La licencia que se toma el autor con el acontecimiento de la muerte del artista, le permite, a la vez de darle un giro interesante a una muerte anodina, ubicarlo en esa etapa política venezolana que nos impactará a todos hasta el sol de hoy. A partir de allí, nos lleva por los entresijos y recovecos de la historia de un ser perseguido por el fracaso y el infortunio. Un personaje al que, luego de la historia de Ibsen, lo veo con cierta simpatía y nostalgia. Viene a ser Kiko como un precursor de los frikis que en la actualidad pululan por las pantallas de los medios televisivos. Tal vez con los años, el temor al fracaso pierde fuerza pues se llega a comprender que hay diferentes formas de triunfar y de fracasar en la vida y que todo tiene mucho que ver con las decisiones que en determinados momentos se tomen.
Simpatía por el “gorila”
Cuando empecé a leer la descripción de lo sucedido en Caracas durante los saqueos, no pude evitar relacionar el título “Simpatía por King Kong”, que en principio parece una paráfrasis de la canción de Los
Rolling Stones “Simpatía por el diablo”, con aquellos discursos de la época que hablaban como con cierta admiración y un halo de premonición del “ruido de sables”, de la supuesta inconformidad existente para entonces en los cuarteles de la que hablaban algunos políticos, periodistas y articulistas, no sin cierta actitud de quien predice al tiempo que, con temor, desea que pasen las cosas. Una cierta simpatía de la época por un tipo de autoritarismo gorila, kingkongniano, que posiblemente hayan sido las aguas que trajeron estos lodos.

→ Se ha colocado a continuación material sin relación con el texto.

-- ===== src/Strategy/Sizing.antt =====
-- services/strategy/position_manager.py: R multiples of a trade, and its number of lots.
use icici_breeze_api_trading.Prelude.{
  ◌≡◌, ◌⊎◌, refl, Bool, false, ◌&&◌, ◌||◌, Option, none, some, List, [], ◌∷◌, inl, inr, arith,
  if◌then◌else◌, Bool-cases,
}
use icici_breeze_api_trading.Prelude.Int.{ℤ, pos, ◌*ℤ◌, ◌≤ℤ◌, ltb_ℤ, leb_ℤ, min_ℤ}
use icici_breeze_api_trading.Prelude.Float.{Float, zero_f}
use icici_breeze_api_trading.Prelude.Result.{Result, ok, err, other_error}
use icici_breeze_api_trading.Strategy.{TradeDirection, StrategyRiskConfig, or_price}
use icici_breeze_api_trading.Strategy.Prices.{not_positive, positive, directional}

pub data SizingMethod : Type 0 where
  delta_approximation configured_fallback : SizingMethod

-- `rejected` stands for the reason, which is one text or `None`.
pub record StructuralRiskEstimate (F : Type 0) : Type 0 where
  pub underlying_r : F
  pub option_loss_per_lot : F
  pub risk_budget : F
  pub lots : ℤ
  pub quantity : ℤ
  pub method : SizingMethod
  pub rejected : Bool

abbrev least : ℤ → ℤ → ℤ → ℤ
least a b c = min_ℤ (min_ℤ a b) c

module _ {F : Type 0} ⦃fl : Float F⦄ where
  open fl use {lt, le, add, sub, mul, div, abs, round, floor, of_int, literal}

  unfoldable pub underlying_r_for_price : TradeDirection → F → F → F → F
  underlying_r_for_price d entry risk exit =
      if not_positive entry || (not_positive risk || not_positive exit)
      then zero_f
      else round (div (directional d entry exit) risk) 6

  -- `sum` over the exits with a positive quantity.
  abbrev weighted : TradeDirection → F → F → F → List (ℤ × F) → F
  weighted d entry risk acc [] = acc
  weighted d entry risk acc ((quantity, price) ∷ exits) =
      weighted d entry risk
        (if ltb_ℤ (pos 0) quantity
          then add acc (mul (of_int quantity) (underlying_r_for_price d entry risk price))
          else acc)
        exits

  unfoldable pub calculate_realized_trade_r : TradeDirection → F → F → ℤ → List (ℤ × F) → F
  unfolding underlying_r_for_price
  calculate_realized_trade_r d entry risk original exits =
      if leb_ℤ original (pos 0)
      then zero_f
      else round (div (weighted d entry risk zero_f exits) (of_int original)) 4

  abbrev usable_delta : Option F → Bool
  usable_delta none = false
  usable_delta (some x) = positive (abs x) && le (abs x) (literal 1 0)

  abbrev delta_or : Option F → F → F
  delta_or none d = d
  delta_or (some x) d = x

  abbrev fallback_loss : Option F → Result (F × SizingMethod)
  fallback_loss none = err other_error
  fallback_loss (some x) = if positive x then ok (x, configured_fallback) else err other_error

  -- The multiplier is 1.0 wherever the method is called.
  unfoldable pub estimate_option_loss_per_lot :
      F → F → Option F → ℤ → F → Option F → Result (F × SizingMethod)
  estimate_option_loss_per_lot entry stop delta lot_size option_entry fallback =
      let r = abs (sub entry stop) in
      if not_positive r || (leb_ℤ lot_size (pos 0) || not_positive option_entry)
      then err other_error
      else if usable_delta delta
      then ok (
        mul (mul (mul (abs (delta_or delta zero_f)) r) (of_int lot_size)) (literal 1 0),
        delta_approximation,
      )
      else fallback_loss fallback

  abbrev estimate :
      StrategyRiskConfig F → F → F → ℤ → F → F → F × SizingMethod → StructuralRiskEstimate F
  estimate cfg entry stop lot_size option_entry budget (loss, method) =
      let capital_lots = floor (div cfg.max_trade_capital (mul option_entry (of_int lot_size))) in
      let risk_lots = if positive loss then floor (div budget loss) else pos 0 in
      let lots = least capital_lots risk_lots cfg.max_lots_per_trade in
      let too_few = ltb_ℤ lots (pos 1) in
      record {
        underlying_r = abs (sub entry stop);
        option_loss_per_lot = loss;
        risk_budget = budget;
        lots = if too_few then pos 0 else lots;
        quantity = if too_few then pos 0 else lots *ℤ lot_size;
        method = method;
        rejected = too_few;
      }

  abbrev estimated :
      StrategyRiskConfig F
      → F
      → F
      → ℤ
      → F
      → F
      → Result (F × SizingMethod)
      → Result (StructuralRiskEstimate F)
  estimated cfg entry stop lot_size option_entry budget (err e) = err e
  estimated cfg entry stop lot_size option_entry budget (ok loss) =
      ok (estimate cfg entry stop lot_size option_entry budget loss)

  unfoldable pub size :
      StrategyRiskConfig F
      → F
      → F
      → Option F
      → ℤ
      → F
      → Option F
      → Option F
      → Result (StructuralRiskEstimate F)
  unfolding estimate_option_loss_per_lot
  size cfg entry stop delta lot_size option_entry account_equity fallback =
      let equity = or_price account_equity cfg.account_equity in
      let budget = div (mul equity cfg.risk_per_trade_pct_of_account) (literal 100 0) in
      estimated cfg entry stop lot_size option_entry budget
        (estimate_option_loss_per_lot entry stop delta lot_size option_entry fallback)

  -- The lots and the quantity.
  unfoldable pub calculate_position_size : StrategyRiskConfig F → F → F → ℤ → ℤ × ℤ
  calculate_position_size cfg premium equity lot_size =
      let capital_per_lot = mul premium (of_int lot_size) in
      let capital_lots = floor (div cfg.max_trade_capital capital_per_lot) in
      let budget = mul equity (div cfg.risk_per_trade_pct_of_account (literal 100 0)) in
      let hard_stop = div cfg.option_hard_stop_pct (literal 100 0) in
      let risk_per_lot = mul (mul premium hard_stop) (of_int lot_size) in
      let risk_lots =
        if positive risk_per_lot then floor (div budget risk_per_lot) else capital_lots in
      let lots = least capital_lots risk_lots cfg.max_lots_per_trade in
      if not_positive capital_per_lot
      then (pos 0, pos 0)
      else if ltb_ℤ lots (pos 1)
      then (pos 0, pos 0)
      else (lots, lots *ℤ lot_size)

-- A position that is opened at all, or none.
abbrev pub IsSized : ℤ → ℤ → ℤ → ℤ × ℤ → Type 0
IsSized capital_lots max_lots lot_size (lots, quantity) =
    ((lots ≡ pos 0) × (quantity ≡ pos 0))
    ⊎ (((pos 1 ≤ℤ lots) × (quantity ≡ lots *ℤ lot_size))
        × ((lots ≤ℤ capital_lots) × (lots ≤ℤ max_lots)))

least-le : (a b c : ℤ) → (least a b c ≤ℤ a) × (least a b c ≤ℤ c)
least-le a b c = ground arith

not_too_few : (a : ℤ) → ltb_ℤ a (pos 1) ≡ false → pos 1 ≤ℤ a
not_too_few a h = ground arith

module _ {F : Type 0} ⦃fl : Float F⦄ where
  -- A sized position is none, or it has at least one lot, no more lots than the trade capital pays
  -- for and than the configured maximum, and the quantity of that many lots.
  pub calculate_position_size-IsSized :
      (cfg : StrategyRiskConfig F) (premium equity : F) (lot_size : ℤ)
      → IsSized
          (fl.floor (fl.div cfg.max_trade_capital (fl.mul premium (fl.of_int lot_size))))
          cfg.max_lots_per_trade
          lot_size
          (calculate_position_size cfg premium equity lot_size)
  unfolding calculate_position_size
  calculate_position_size-IsSized cfg premium equity lot_size =
      elim (Bool-cases (not_positive capital_per_lot)) [
        | inl e ↦ rw e (inl (refl, refl))
        | inr e ↦ elim (Bool-cases (ltb_ℤ lots (pos 1))) [
          | inl s ↦ rw (e, s) (inl (refl, refl))
          | inr s ↦
              rw (e, s)
                (inr (
                  (not_too_few lots s, refl),
                  least-le capital_lots risk_lots cfg.max_lots_per_trade,
                ))
        ]
      ]
    where
      open fl use {mul, div, floor, of_int, literal}

      capital_per_lot : F
      capital_per_lot = mul premium (of_int lot_size)

      capital_lots : ℤ
      capital_lots = floor (div cfg.max_trade_capital capital_per_lot)

      risk_per_lot : F
      risk_per_lot =
          mul (mul premium (div cfg.option_hard_stop_pct (literal 100 0))) (of_int lot_size)

      risk_lots : ℤ
      risk_lots =
          if positive risk_per_lot
          then floor (
              div (mul equity (div cfg.risk_per_trade_pct_of_account (literal 100 0))) risk_per_lot)
          else capital_lots

      lots : ℤ
      lots = least capital_lots risk_lots cfg.max_lots_per_trade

No sé si mi sensación es personal o si la utilización del gorila cinematográfico en el título de la novela haya sido un recurso adrede de Ibsen para ilustrar esa especie de simpatía de la época por algún tipo de gorilismo político.
Lo cierto es que, al filo de la media noche de ese domingo que, de rutinario, viró a absolutamente entretenido con la versátil y profusa prosa de Ibsen, cerré, una vez terminada, la novela.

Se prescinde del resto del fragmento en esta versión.